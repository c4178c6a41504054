-- ===== src/DxilScan.antt =====
-- proxy/dxil_scan.cpp: the feature flags of a DXIL container.
-- Memory is a function from offsets into the container to bytes, the caller's size a number. An
-- offset and a count of parts are 32 bits wide, so that nothing computed from them wraps in the
-- 64 bits of SIZE_T.
pub mod Bounds
mod Tests
use dxr11_pascal.Base.{
  ℕ, zero, suc, ◌+◌, ◌-◌, ◌*◌, ◌/◌, ◌^◌, bit_and, Bool, true, false, ◌&&◌, ◌||◌, not, Option, none,
  some, ltb, ◌==◌, if◌then◌else◌,
}

abbrev pub Memory : Type 0
Memory = ℕ → ℕ

-- `sizeof(ContainerHeader)`, packed, and the offsets of its fields.
abbrev pub header_size : ℕ
header_size = 32

abbrev pub size_field : ℕ
size_field = 24

abbrev pub count_field : ℕ
count_field = 28

abbrev pub dxbc_magic : ℕ
dxbc_magic = 0x43425844

-- The bytes of "SFI0" as a number.
abbrev pub feature_tag : ℕ
feature_tag = 0x30494653

-- `kDxilFeatureRaytracingTier11`
abbrev pub tier11_flag : ℕ
tier11_flag = 2 ^ 20

-- A copy of `n` bytes as a number, the lowest byte first.
unfoldable pub read : Memory → ℕ → ℕ → ℕ
read m zero at = 0
read m (suc n) at = m at + 256 * read m n (at + 1)

-- One part, at the offset that the table holds: `none` to go on, or what is returned.
unfoldable pub part_flags : Memory → ℕ → ℕ → Option ℕ
part_flags m size off =
    if ltb size off || ltb (size - off) 8
    then none
    else if not (read m 4 off == feature_tag)
    then none
    else if ltb (read m 4 (off + 4)) 8 || ltb (size - off - 8) 8
    then some 0
    else some (read m 8 (off + 8))

-- The loop over the table: `left` parts from the `i`-th on.
unfoldable pub scan_from : Memory → ℕ → ℕ → ℕ → ℕ
scan_from m size zero i = 0
scan_from m size (suc left) i =
    let rest = scan_from m size left (i + 1) in
    elim (part_flags m size (read m 4 (header_size + i * 4))) [ some flags ↦ flags | none ↦ rest ]

-- `Dxr11ContainerFeatureFlags`; `none` is a null pointer.
unfoldable pub feature_flags : Option Memory → ℕ → ℕ
feature_flags none size = 0
feature_flags (some m) size =
    if ltb size header_size
    then 0
    else if not (read m 4 0 == dxbc_magic)
    then 0
    else if ltb size (read m 4 size_field)
    then 0
    else if ltb ((size - header_size) / 4) (read m 4 count_field)
    then 0
    else scan_from m size (read m 4 count_field) 0

unfoldable pub uses_ray_query : Option Memory → ℕ → Bool
uses_ray_query m size = not (bit_and (feature_flags m size) tier11_flag == 0)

====

▶ [The task] Of all the lines in the data, count those that contain "table" and give that figure with nothing else.

▶ [Expected answer] 2